生き残った人と普通に生きている人
日々 災害や事件で被害者となってしまう人たちがでてくる。
被害者に関して報道されるときに、現場に居合わせて生き残った人たちが取り上げられることが多いものの、彼らは極めて特異的な傾向を示す。
生き残った自分を責める気持ち
亡くなってしまうことは不幸なことである。
しかし生き残り・生き続けるのは激しい葛藤をもたらす。
生き残った自分たちのことを良かったと言われる一方で、生き残ったことに強い罪悪感を感じ、生きていてよかったのか、代わりに自分が死んだ方が良かったのではないか、と思い悩み続ける。
そしてこの感情は他人にはなかなか言えずに苦しむ。
Survivor’s Guilt(サバイバーズギルト)と言われ、以前より指摘されてたものの注目されることは少ない。

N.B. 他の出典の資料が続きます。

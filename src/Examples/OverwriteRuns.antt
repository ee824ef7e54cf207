-- ===== src/Examples/OverwriteRuns.antt =====
-- A second upload of a segment through cmd/web/main.go, over an older blob.
use tritontube.Base.{
  All, lit, str_eq, [], ◌∷◌, ◌≡◌, refl, none, some, lookup, insert, arith, has_prefix,
}
use tritontube.Http.{respond}
use tritontube.WebServer.{content, blob_url, metadata_url, handle_upload, handle_view}
use tritontube.WebServer.Quorum.{upload_request}
use tritontube.WebServer.Network.{send_to, Network, World, network_of, Reached, network-IsStorage}
use tritontube.WebServer.View.{view_request}
use tritontube.WebServer.Overwrite.{handle_view-handle_upload_first}
use tritontube.WebServer.Stale.{handle_view-stale}
use tritontube.Examples.WebRuns.{net, object, object_given, segment-IsPath}

-- Both servers hold an older blob.
abbrev older : World (Unit {0})
older = (tt, λ host. (lit "videos/v/hd/3", lit "old") ∷ [])

-- Both servers can write.
abbrev healthy : Network (Unit {0})
healthy = record net {
  calls = λ host. record {
    mkdir_all = none;
    create = none;
    copy = none;
    sync = none;
    close = none;
    rename = none;
    remove = none;
  };
}

both_healthy : All (Reached healthy object) (lit "http://b" ∷ lit "http://c/" ∷ [])
unfolding blob_url has_prefix str_eq
both_healthy = ((lit "b", refl), ((lit "c", refl), tt))

handle_view-handle_upload_first_example :
    let upload =
      handle_upload
        (network_of healthy)
        (lit "http://m")
        2
        (upload_request (lit "v") (lit "hd") (lit "3"))
        (some (lit "new"))
        older in
    handle_view
      (network_of healthy)
      (lit "http://m")
      (view_request (lit "v") (lit "hd") (lit "3"))
      upload.0
    ≡ (upload.0, respond 200 (content (lit "new")))
unfolding str_eq metadata_url lookup handle_upload insert send_to has_prefix
handle_view-handle_upload_first_example =
    handle_view-handle_upload_first (network_of healthy) (lit "http://m") (lit "v") (lit "hd")
      (lit "3") (lit "new") 2 (lit "http://b") (lit "http://c/" ∷ []) older older (respond 200 [])
      (respond 200 [])
      (network-IsStorage healthy object object_given (λ host. refl) (λ c. refl) (λ url m. refl))
      both_healthy segment-IsPath (omega arith) refl refl refl refl refl refl refl

handle_view-stale_example :
    let upload =
      handle_upload
        (network_of net)
        (lit "http://m")
        1
        (upload_request (lit "v") (lit "hd") (lit "3"))
        (some (lit "new"))
        older in
    (upload.1.status ≡ 201)
    × (handle_view
          (network_of net)
          (lit "http://m")
          (view_request (lit "v") (lit "hd") (lit "3"))
          upload.0
        ≡ (upload.0, respond 200 (content (lit "old"))))
unfolding str_eq blob_url metadata_url lookup handle_upload insert send_to has_prefix
handle_view-stale_example =
    handle_view-stale net (lit "http://m") (lit "v") (lit "hd") (lit "3") (lit "http://b")
      (lit "http://c/") (lit "new") (lit "old") older tt older.1 (respond 200 []) (respond 200 [])
      (λ host. refl) (λ t. refl) (λ url m. refl) segment-IsPath (lit "b", refl) (lit "c", refl) refl
      (λ n. cc) refl refl refl refl refl refl refl refl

死んだ人と生き残った人との境界はあまりにも厳然としている。同時に、生き残った人々と普通に生きている人々との差もまた厳然としている。生き残った人々は、なぜ生き残ってしまったのかと悔い、そして普通に生きている人々は、生き残った人々に対して、死ななくてよかったじゃないかとしか思えない。
生き残るということ えひめ丸沈没事故とトラウマケア 前田正治
回復するために
はっきり言えば簡単ではない。
回復するために必要な6つのこととして紹介されていたものがある(Fort behavioral health より適時訳)。

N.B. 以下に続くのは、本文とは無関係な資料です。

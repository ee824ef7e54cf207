-- ===== src/Pgx/Phantom.antt =====
-- `List` and `Commit` of internal/metadata/pgxsim/pgxsim.go: a transaction notes the versions of the
-- records that `List` finds, and no record that it does not find.
use tritontube.Base.{
  delete, Str, str_eq, str_eq_iff, Int64, ℤ, int_eq_iff, true, false, List, [], ◌∷◌, ◌++◌, none,
  some, Map, lookup, insert, lookup-insert, All, ◌≡◌, refl, ap, sym, ◌∙◌, Bool-cases, inl, inr,
  false≢true, is_some,
}
use tritontube.Pgx.Commits.{clone_record_id}
use tritontube.Pgx.{
  iso_level_serializable, read_write, apply_writes, apply_deletes, Record, Store, Tx, ok,
  has_prefix, clone_record, list_loop, list, put, read_valid, validate, commit,
}

-- The entries are a map: each key is found with its record.
abbrev pub IsMap : Map Record → Map Record → Type 0
IsMap entries part = All (λ (k, r). lookup k entries ≡ some r) part

-- Each noted version is the one of the record in the store.
abbrev Current : Map Record → Map Int64 → Type 0
Current entries rs = All (λ (k, v). (r : Record) × (lookup k entries ≡ some r) × (r.version ≡ v)) rs

insert-Current :
    (entries : Map Record) (k : Str) (r : Record) (rs : Map Int64)
    → lookup k entries ≡ some r
    → Current entries rs
    → Current entries (insert k r.version rs)
unfolding insert
insert-Current entries k r [] found h = ((r, found, refl), tt)
insert-Current entries k r ((j, v) ∷ rs) found h = elim (Bool-cases (str_eq j k)) [
  | inl e ↦ rw e ((r, ap (λ i. lookup i entries) ((str_eq_iff j k).0 e) ∙ found, refl), h.1)
  | inr e ↦ rw e (h.0, insert-Current entries k r rs found h.1)
]

list_loop-Current :
    (entries : Map Record) (prefix : Str) (m : Map Record) (items : List Record) (tx : Tx)
    → IsMap entries m
    → Current entries tx.readset
    → Current entries (list_loop prefix m items tx).0.readset
unfolding list_loop
list_loop-Current entries prefix [] items tx w h = h
list_loop-Current entries prefix ((k, r) ∷ m) items tx w h =
    elim (Bool-cases (has_prefix k prefix)) [
      | inl p ↦ rw p (
          list_loop-Current entries prefix m (items ++ clone_record r ∷ [])
            (record tx { readset = insert k r.version tx.readset }) w.1
            (insert-Current entries k r tx.readset w.0 h))
      | inr p ↦ rw p (list_loop-Current entries prefix m items tx w.1 h)
    ]

-- The loop of `List` changes only the read set.
list_loop-readset :
    (prefix : Str) (m : Map Record) (items : List Record) (tx : Tx)
    → (list_loop prefix m items tx).0
      ≡ record tx { readset = (list_loop prefix m items tx).0.readset }
unfolding list_loop
list_loop-readset prefix [] items tx = refl
list_loop-readset prefix ((k, r) ∷ m) items tx = elim (Bool-cases (has_prefix k prefix)) [
  | inl p ↦ rw p (
      list_loop-readset prefix m (items ++ clone_record r ∷ [])
        (record tx { readset = insert k r.version tx.readset }))
  | inr p ↦ rw p (list_loop-readset prefix m items tx)
]

still_found :
    (entries : Map Record) (q r : Record) (k : Str)
    → lookup q.key entries ≡ none
    → lookup k entries ≡ some r
    → lookup k (insert q.key q entries) ≡ some r
still_found entries q r k new found = elim (Bool-cases (str_eq q.key k)) [
  | inl e ↦
      let same = ap (λ j. lookup j entries) ((str_eq_iff q.key k).0 e) in
      absurd (false≢true (ap is_some (sym new ∙ same ∙ found)))
  | inr e ↦ lookup-insert q.key k q entries ∙ rw e found
]

-- A new key invalidates nothing.
validate-insert :
    (entries : Map Record) (q : Record) (rs : Map Int64)
    → lookup q.key entries ≡ none
    → Current entries rs
    → validate (insert q.key q entries) rs ≡ true
unfolding validate read_valid
validate-insert entries q [] new h = refl
validate-insert entries q ((k, v) ∷ rs) new h =
    let (r, found, version) = h.0 in
    let there : read_valid (lookup k (insert q.key q entries)) v ≡ true =
      ap (λ o. read_valid o v) (still_found entries q r k new found)
      ∙ (int_eq_iff r.version v).1 version in
    rw there (validate-insert entries q rs new h.1)

validate-same :
    (entries : Map Record) (rs : Map Int64) → Current entries rs → validate entries rs ≡ true
unfolding validate read_valid
validate-same entries [] h = refl
validate-same entries ((k, v) ∷ rs) h =
    let (r, found, version) = h.0 in
    let there : read_valid (lookup k entries) v ≡ true =
      ap (λ o. read_valid o v) found ∙ (int_eq_iff r.version v).1 version in
    rw there (validate-same entries rs h.1)

-- A transaction of `BeginTx` that may write
abbrev pub begun : Tx
begun = record {
  opts = record { iso_level = iso_level_serializable; access_mode = read_write };
  writes = [];
  deletes = [];
  readset = [];
  committed = false;
  rolled = false;
}

-- It lists a prefix and puts a record.
abbrev pub list_and_put : Str → ℤ → Record → Store → Tx
list_and_put prefix limit r s = (put r (list prefix limit s begun).0).0

commit-put :
    (r : Record) (rs : Map Int64) (s : Store)
    → validate s.entries rs ≡ true
    → let tx = (put r (record begun { readset = rs })).0 in
      ((commit s tx).0.0 ≡ record { entries = insert r.key r s.entries })
      × ((commit s tx).1 ≡ ok tt)
unfolding commit put apply_writes apply_deletes insert delete
commit-put r rs s h = rw h (
  ap (λ q. record { entries = insert r.key q s.entries })
      (clone_record_id (clone_record r) ∙ clone_record_id r),
  refl,
)

listed :
    (prefix : Str) (limit : ℤ) (r : Record) (s : Store)
    → list_and_put prefix limit r s
      ≡ (put r (record begun { readset = (list_loop prefix s.entries [] begun).0.readset })).0
unfolding list
listed prefix limit r s = ap (λ tx. (put r tx).0) (list_loop-readset prefix s.entries [] begun)

-- Two transactions begin on one store, whose entries are a map; each lists a prefix there and puts a
-- record, the first under a key that the store does not have. Both commit, one after the other, so
-- the second commits although its list has not seen what the first has written.
pub commit-list_and_put :
    (prefix : Str) (limit : ℤ) (q r : Record) (s : Store)
    → IsMap s.entries s.entries
    → lookup q.key s.entries ≡ none
    → let first = commit s (list_and_put prefix limit q s) in
      let second = commit first.0.0 (list_and_put prefix limit r s) in
      (first.1 ≡ ok tt)
      × (second.1 ≡ ok tt)
      × (second.0.0.entries ≡ insert r.key r (insert q.key q s.entries))
commit-list_and_put prefix limit q r s w new =
    let rs = (list_loop prefix s.entries [] begun).0.readset in
    let current = list_loop-Current s.entries prefix s.entries [] begun w tt in
    let first = commit-put q rs s (validate-same s.entries rs current) in
    let second =
      commit-put r rs (record { entries = insert q.key q s.entries })
        (validate-insert s.entries q rs new current) in
    rw (listed prefix limit q s, listed prefix limit r s, first.0)
      (first.1, second.1, ap (λ (t : Store). t.entries) second.0)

1)自分を責めない。本当に悪いのは誰か考えましょう。多くは自分たちの力ではどうしようもないことが原因です。
2)悲しみは乗り越えることができることを忘れないでください。罪悪感を感じるのではなく、失ったものや人を思い出し悲しみましょう。
3)大切に思う家族や人を考えましょう。もしあなたが亡くなっていたら悲しむでしょう。
4)運は偶然です。犠牲になった人の不運はあなたのせいではありません。
5)他の誰かのために何かしましょう。
6)自分を大切にしましょう。よく眠り、よく食べて、運動をし、必要なら他人に助けてもらいましょう。

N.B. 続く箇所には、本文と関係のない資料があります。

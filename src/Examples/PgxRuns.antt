-- ===== src/Examples/PgxRuns.antt =====
-- Two transactions of internal/metadata/pgxsim/pgxsim.go on a store with one record.
use tritontube.Base.{
  Int64, ℕ, Str, lit, [], ◌∷◌, ◌≡◌, ◌≢◌, refl, arith, pos, true, false, ◌||◌, some, lookup, insert,
  str_eq, Bool,
}
use tritontube.Pgx.{Record, Store, Tx, ok, err, err_serialization, get, commit}
use tritontube.Pgx.Commits.{version_of, commit_succeeds, commit_first_wins}
use tritontube.Pgx.Phantom.{list_and_put, commit-list_and_put}

abbrev row : Str → ℕ → Record
row value version = record { key = lit "k"; value = value; attributes = []; version = pos version }

abbrev store : Store
store = record { entries = (lit "k", row (lit "x") 1) ∷ [] }

-- A transaction that has read the record and writes its next version.
abbrev writer : Str → Tx
writer value = record {
  opts = record { iso_level = 1; access_mode = 2 };
  writes = (lit "k", row value 2) ∷ [];
  deletes = [];
  readset = (lit "k", pos 1) ∷ [];
  committed = false;
  rolled = false;
}

abbrev written_store : Store
written_store = record { entries = (lit "k", row (lit "y") 2) ∷ [] }

first_commits :
    commit store (writer (lit "y"))
    ≡ ((written_store, record (writer (lit "y")) { committed = true }), ok tt)
unfolding commit lookup insert str_eq
first_commits = refl

commit_succeeds_example :
    ((k : Str) → lookup k written_store.entries ≡ (get k store (writer (lit "y"))).1)
    × ((false || false) ≡ false)
    × ((k : Str) (v : Int64)
        → lookup k ((lit "k", pos 1) ∷ []) ≡ some v
        → version_of (lookup k store.entries) ≡ v)
    × (◌≡◌ {A = Bool} true true)
commit_succeeds_example =
    commit_succeeds store written_store (writer (lit "y"))
      (record (writer (lit "y")) { committed = true }) first_commits

commit_first_wins_example :
    (commit written_store (writer (lit "z"))
      ≡ ((written_store, record (writer (lit "z")) { rolled = true }), err err_serialization))
    × (lookup (lit "k") written_store.entries ≡ some (row (lit "y") 2))
unfolding lookup str_eq
commit_first_wins_example =
    commit_first_wins (lit "k") (pos 1) (row (lit "y") 2) store written_store (writer (lit "y"))
      (record (writer (lit "y")) { committed = true }) (writer (lit "z")) first_commits refl
      two_ne_one refl refl
  where
    two_ne_one : pos 2 ≢ pos 1
    two_ne_one = ground arith

abbrev reader : Tx
reader = record {
  opts = record { iso_level = 1; access_mode = 1 };
  writes = [];
  deletes = [];
  readset = (lit "k", pos 1) ∷ [];
  committed = false;
  rolled = false;
}

abbrev other : Str → Record
other key = record { key = key; value = lit "n"; attributes = []; version = pos 1 }

commit-list_and_put_example :
    let first = commit store (list_and_put [] (pos 0) (other (lit "a")) store) in
    let second = commit first.0.0 (list_and_put [] (pos 0) (other (lit "b")) store) in
    (first.1 ≡ ok tt)
    × (second.1 ≡ ok tt)
    × (second.0.0.entries
        ≡ insert (lit "b") (other (lit "b")) (insert (lit "a") (other (lit "a")) store.entries))
unfolding lookup str_eq
commit-list_and_put_example =
    commit-list_and_put [] (pos 0) (other (lit "a")) (other (lit "b")) store (refl, tt) refl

こういったことを意識しながら、日々生活を送ることで少しずつ回復していく。
周りの人にできること
周りの人思わず「助かって良かったじゃない」「早く忘れなさい」「あなただけじゃないのよ」などの言葉をかけてしまう。
これらの言葉は本人を思いやり、本人の回復を願っての言葉ではあるものの、残念ながら深く深く傷つけてしまう。
まずはこのある種特殊なサバイバーズギルトのことを知ることが支援の第一歩である。
そして「あなたは悪くない」「助かってくれて私たちはうれしい」「亡くなった人を思いだして悲しんだり泣いてもいい」「少しずつ今できることを一緒にしていこう」と伝えていくことで、少しずつ回復に向かっていく。